Abstract Search

ISEF | Projects Database | Finalist Abstract

Back to Search Results | Print PDF

DETICKT IT: A Machine Learning-Based Application for Real-Time Tick Identification and Spatiotemporal Disease Risk Assessment

Booth Id:

Systems Software


Finalist Names:
Kolb, Antonia (School: King School)

There is an alarming increase in the population of ticks and tick-borne diseases (TBDs), with 475,000 cases reported annually, some of which are fatal. Due to limited training, healthcare providers and the public cannot always accurately identify ticks and their associated infections, leading to delayed diagnoses and treatments. Additionally, the prevalence rates of different disease-causing pathogens vary based on geographic locations. To facilitate the identification process and provide an expedited risk assessment of TBDs, a machine learning-based iOS application, DETICKT IT, was created. The app features a ResNet50V2 (transfer learning) deep convolutional neural network built in Python for combining real-time tick-species identification with a novel "window" algorithm and a location-based tick-risk assessment by embedding the Centers for Disease Control and Prevention's spatiotemporal tick and pathogen surveillance statistics. Users can receive an immediate and accurate analysis to determine whether they are at risk of contracting certain TBDs based on their geographic location.

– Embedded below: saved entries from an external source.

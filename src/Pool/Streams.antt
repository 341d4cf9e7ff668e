-- ===== src/Pool/Streams.antt =====
-- The counters of streams and of latencies.
use revdial.Common.{
  ℕ, suc, ◌+◌, ◌-◌, ◌/◌, ◌%◌, ◌^◌, ◌<◌, ◌≡◌, refl, ◌∙◌, pos, value, List, [], ◌∷◌, length, false,
  arith, ◌==◌, Bool-cases, inl, inr, Option, none, some, Ends, ==_refl,
}
use revdial.Pool.MuxConn.{Yamux, track, close_tracked, open_stream}
use revdial.Pool.State.{Pool, PoolStream}
use revdial.Pool.Operations.{opened, open_on, close_stream}
use revdial.Pool.Metrics.{Metrics, record_latency, reset_latency, avg_latency}

abbrev pub record_all : List ℕ → Metrics → Metrics
record_all [] m = m
record_all (d ∷ ds) m = record_all ds (record_latency (pos d) m)

abbrev pub sum : List ℕ → ℕ
sum [] = 0
sum (d ∷ ds) = d + sum ds

-- Both counters, while nothing overflows.
record_all-sum :
    (ds : List ℕ) (m : Metrics)
    → m.latency_sum + sum ds < 2 ^ 63
    → m.latency_count + length ds < 2 ^ 63
    → ((record_all ds m).latency_sum ≡ m.latency_sum + sum ds)
      × ((record_all ds m).latency_count ≡ m.latency_count + length ds)
record_all-sum [] m h k = omega arith
record_all-sum (d ∷ ds) m h k =
    let a : (m.latency_sum + d % 2 ^ 64) % 2 ^ 64 ≡ m.latency_sum + d = omega arith in
    let b : (m.latency_count + 1) % 2 ^ 64 ≡ m.latency_count + 1 = omega arith in
    let (p, q) = record_all-sum ds (record_latency (pos d) m) (omega arith) (omega arith) in
    (p ∙ omega arith, q ∙ omega arith)

value_small : (n : ℕ) → n < 2 ^ 63 → value 64 n ≡ pos n
value_small n h = ground arith

avg_of :
    (m : Metrics) (s n : ℕ)
    → m.latency_sum ≡ s
    → m.latency_count ≡ suc n
    → s < 2 ^ 63
    → suc n < 2 ^ 63
    → avg_latency m ≡ pos (s / suc n)
avg_of m s n e f h k =
    let z : (suc n == 0) ≡ false = ground arith in
    simp (e, f, z, value_small s h, value_small (suc n) k)

-- After a reset the average of the latencies recorded is their sum divided by their number, while
-- the sum and the number are below 2^63.
pub avg_latency-record_all :
    (d : ℕ) (ds : List ℕ) (m : Metrics)
    → sum (d ∷ ds) < 2 ^ 63
    → length (d ∷ ds) < 2 ^ 63
    → avg_latency (record_all (d ∷ ds) (reset_latency m)) ≡ pos (sum (d ∷ ds) / length (d ∷ ds))
avg_latency-record_all d ds m h k =
    let (p, q) = record_all-sum (d ∷ ds) (reset_latency m) (omega arith) (omega arith) in
    avg_of (record_all (d ∷ ds) (reset_latency m)) (sum (d ∷ ds)) (length ds) (p ∙ omega arith)
      (q ∙ omega arith) h k

up_down : (n : ℕ) → n < 2 ^ 64 → ((n + 1) % 2 ^ 64 + (2 ^ 64 - 1)) % 2 ^ 64 ≡ n
up_down n h = omega arith

up_down_conn : (n : ℕ) → n < 2 ^ 32 → ((n + 1) % 2 ^ 32 + (2 ^ 32 - 1)) % 2 ^ 32 ≡ n
up_down_conn n h = omega arith

module _ {S : Type 0} (y : Yamux S) where
  -- The counters of the pool and of a connection are those of an earlier pool.
  abbrev pub SameStreams : Pool S → ℕ → Pool S → Type 0
  SameStreams p conn q =
      (q.metrics.active_streams ≡ p.metrics.active_streams)
      × ((q.memory conn).metrics.active_streams ≡ (p.memory conn).metrics.active_streams)

  -- The pool after a stream is closed, and after it is closed again.
  abbrev pub closed_once : PoolStream → Pool S → Pool S
  closed_once t q = (close_stream y t q).2

  abbrev pub closed_twice : PoolStream → Pool S → Pool S
  closed_twice t q = let r = close_stream y t q in (close_stream y r.1 r.2).2

  abbrev pub Balanced : Pool S → ℕ → PoolStream → Pool S → Type 0
  Balanced p conn t q = SameStreams p conn (closed_once t q) × SameStreams p conn (closed_twice t q)

  track-Balanced :
      (o : Option ℕ × S) (conn : ℕ) (p : Pool S)
      → p.metrics.active_streams < 2 ^ 64
      → (p.memory conn).metrics.active_streams < 2 ^ 32
      → Ends
          (Balanced p conn)
          (λ e q. SameStreams p conn q)
          (opened conn (track o (p.memory conn)) p)
  unfolding close_stream close_tracked
  track-Balanced (none, s) conn p h k = record { holds = simp (==_refl conn) (refl, refl) }
  track-Balanced (some n, s) conn p h k = record {
    holds = simp (==_refl conn, up_down _ h, up_down_conn _ k) ((refl, refl), (refl, refl));
  }

  -- Where `OpenStream` on a connection gives a stream, one or two `Close` calls of it bring the counters
  -- of the pool and of the connection back to what they were; where it fails they are unchanged.
  pub open_on-Balanced :
      (conn : ℕ) (p : Pool S)
      → p.metrics.active_streams < 2 ^ 64
      → (p.memory conn).metrics.active_streams < 2 ^ 32
      → Ends (Balanced p conn) (λ e q. SameStreams p conn q) (open_on y conn p)
  unfolding open_on open_stream
  open_on-Balanced conn p h k = elim (Bool-cases (p.memory conn).closed) [
    | inl c ↦ simp c (record { holds = simp (==_refl conn) (refl, refl) })
    | inr c ↦ simp c (track-Balanced (y.open_session_stream (p.memory conn).session) conn p h k)
  ]
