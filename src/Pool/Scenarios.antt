-- ===== src/Pool/Scenarios.antt =====
-- The theorems on the pool at concrete inputs, and short runs.
use mathlib.Core.List.{Mem}
use revdial.Common.{
  ℕ, ◌+◌, ◌≡◌, ◌↔◌, ◌⊎◌, refl, pos, leb_ℤ, true, false, List, [], ◌∷◌, length, some, none, ok, All,
  Ends, get_elem?, arith, if◌then◌else◌, ◌==◌,
}
use revdial.Pool.Config.{Config, default_config, validate, thresholds_crossed}
use revdial.Pool.Validated.{IsValid, validate-Ends}
use revdial.Pool.MuxConn.{Yamux, MuxConn, new_mux_conn}
use revdial.Pool.Selector.{select}
use revdial.Pool.Least.{AtMost, select_lem}
use revdial.Pool.Scaler.{evaluate, scale_down}
use revdial.Pool.Decisions.{IsIdle, evaluate_down}
use revdial.Pool.State.{Pool, new, initial, streams_of, add_connection, with_connections}
use revdial.Pool.Settling.{IsQuiet, monitor_and_scale-settles}
use revdial.Pool.Operations.{Tick, monitor_and_scale}
use revdial.Pool.Operations.{open_on, close_conn, remove_at, evaluate_scaling}
use revdial.Pool.Operations as Operations
use revdial.Pool.Steps.{Reaches, stays, goes, adds}
use revdial.Pool.Capacity.{IsWithin, reached-IsWithin}
use revdial.Pool.Shrinking.{scale_down-select}
use revdial.Pool.Streams.{Balanced, SameStreams, open_on-Balanced}

-- A session that numbers its streams.
abbrev some_yamux : Yamux ℕ
some_yamux = record {
  open_session_stream = λ s. (some s, s + 1);
  accept_session_stream = λ s. (some s, s + 1);
  close_session_stream = λ n s. (false, s);
  close_session = λ s. (false, s);
}

abbrev idle : MuxConn ℕ
idle = new_mux_conn 1 (pos 0)

-- Three streams are open on connection 1.
abbrev memory : ℕ → MuxConn ℕ
memory i =
    if i == 1
    then record {
      session = 4;
      metrics = record { created_at = pos 0; total_streams = 3; active_streams = 3 };
      closed = false;
    }
    else idle

abbrev crossed : Config
crossed = record default_config { scale_up_threshold = pos 100; min_connections = pos 0 }

validate-Ends_example :
    Ends
      (λ _ v. IsValid v × (validate v ≡ (ok tt, v)))
      (λ e v. (e ≡ thresholds_crossed) × (leb_ℤ v.scale_up_threshold v.scale_down_threshold ≡ true))
      (validate crossed)
validate-Ends_example = validate-Ends crossed

default-IsValid : IsValid default_config
default-IsValid = record {
  one_at_least = refl;
  ordered = refl;
  up_set = refl;
  down_set = refl;
  down_below_up = refl;
  cooldown_set = refl;
  interval_set = refl;
}

abbrev fresh : Pool ℕ
fresh = initial default_config 0 memory

abbrev pair : Pool ℕ
pair = with_connections (1 ∷ 2 ∷ []) fresh

two_added : Reaches some_yamux fresh (add_connection 2 (add_connection 1 fresh).1).1
two_added = goes (goes stays (adds 1 fresh)) (adds 2 (add_connection 1 fresh).1)

reached-IsWithin_example : IsWithin (add_connection 2 (add_connection 1 fresh).1).1
unfolding new validate
reached-IsWithin_example = reached-IsWithin some_yamux none 0 memory fresh _ refl two_added

-- A quiet pool of two has its second connection removed.
shrunk : (evaluate_scaling some_yamux none 40000000000 40000000001 pair).connections ≡ 1 ∷ []
unfolding evaluate_scaling evaluate Operations.scale_down Operations.find_target
shrunk = refl

scale_down-select_example :
    (conn i : ℕ) × (select (streams_of pair) (1 ∷ 2 ∷ []) ≡ some conn)
    × (get_elem? (1 ∷ 2 ∷ []) i ≡ some conn)
    × (Operations.scale_down some_yamux pair
        ≡ (ok tt, with_connections (remove_at i (1 ∷ 2 ∷ [])) (close_conn some_yamux conn pair)))
    × (length (remove_at i (1 ∷ 2 ∷ [])) + 1 ≡ 2)
    × (leb_ℤ (pos 1) (pos (length (remove_at i (1 ∷ 2 ∷ [])))) ≡ true)
scale_down-select_example =
    scale_down-select some_yamux pair default-IsValid (refl, (refl, tt)) refl

abbrev two : List ℕ
two = 1 ∷ 2 ∷ []

select_lem_example :
    (two ≡ []) × (select (streams_of pair) (1 ∷ 2 ∷ []) ≡ none)
    ⊎ ((best : ℕ) × (select (streams_of pair) (1 ∷ 2 ∷ []) ≡ some best)
        × Mem best (1 ∷ 2 ∷ [])
        × All (AtMost (streams_of pair) (streams_of pair best)) (1 ∷ 2 ∷ []))
select_lem_example = select_lem (streams_of pair) (1 ∷ 2 ∷ [])

evaluate_down_example :
    (evaluate 40000000000 pair.metrics pair.scaler ≡ scale_down)
    ↔ IsIdle 40000000000 pair.metrics pair.scaler
evaluate_down_example = evaluate_down 40000000000 pair.metrics pair.scaler default-IsValid

open_on-Balanced_example :
    Ends
      (Balanced some_yamux pair 1)
      (λ e q. SameStreams some_yamux pair 1 q)
      (open_on some_yamux 1 pair)
open_on-Balanced_example = open_on-Balanced some_yamux 1 pair (omega arith) (omega arith)

pair-IsQuiet : IsQuiet pair
pair-IsQuiet = record {
  valid = default-IsValid;
  same_config = refl;
  shrinkable = record { threshold = refl; unmeasured = refl };
  counted = refl;
  few = omega arith;
  no_streams = refl;
  no_latency = refl;
  counts = (refl, (refl, tt));
}

abbrev one_tick : List (Tick ℕ)
one_tick = record { made = none; now = 40000000000; later = 40000000001 } ∷ []

monitor_and_scale-settles_example :
    length (monitor_and_scale some_yamux one_tick pair).connections ≡ 1
monitor_and_scale-settles_example =
    monitor_and_scale-settles some_yamux 1 one_tick pair pair-IsQuiet refl refl (refl, tt)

The app is able to accurately identify the ten most common tick species in North and South America: American dog tick, Asian Longhorned tick, Brown dog tick, Eastern blacklegged tick, Western blacklegged tick, Groundhog tick, Gulf Coast tick, Lone star tick, Rocky Mountain wood tick, and soft tick, with an overall accuracy of 97% and precision, recall, and F1 score metrics of 0.96, 0.97, and 0.96, respectively. This freely accessible app shows promise in assisting tick bite victims with their decision to seek further medical assistance, particularly those with underlying health conditions.